**Task**
Output the opening lines of the records exactly. End with the line that contains "NoZombie l i = (t".

Stored data entries:
-- ===== src/Sched/Reap.antt =====
-- Dead tasks (src/scheduler.rs): `reap`.
use veil_os.Base.{◌≢◌, ℕ, ◌<◌, ◌≡◌, List, Option, none, some}
use veil_os.Sched.{zombie, Task, task_at}
use veil_os.Sched.Spawn.{Changed}

-- The slot holds no zombie.
abbrev pub NoZombie : List (Option Task) → ℕ → Type 0
NoZombie l i = (t : Task) (code : ℕ) → task_at l i ≡ some t → t.state ≢ zombie code

-- What `reap` takes out of the table: the first zombie.
pub record Buried (l : List (Option Task)) (t : Task) (code : ℕ) (l' : List (Option Task))
    : Type 0 where
  pub dead : t.state ≡ zombie code
  pub changed : Changed l (some t) none l'
  pub first : (i : ℕ) → i < changed.at → NoZombie l i

abbrev Taken : Type 0
Taken = Task × ℕ × List (Option Task)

**Result of the task**
-- ===== src/Sched/Reap.antt =====
-- Dead tasks (src/scheduler.rs): `reap`.
use veil_os.Base.{◌≢◌, ℕ, ◌<◌, ◌≡◌, List, Option, none, some}
use veil_os.Sched.{zombie, Task, task_at}
use veil_os.Sched.Spawn.{Changed}

-- The slot holds no zombie.
abbrev pub NoZombie : List (Option Task) → ℕ → Type 0
NoZombie l i = (t : Task) (code : ℕ) → task_at l i ≡ some t → t.state ≢ zombie code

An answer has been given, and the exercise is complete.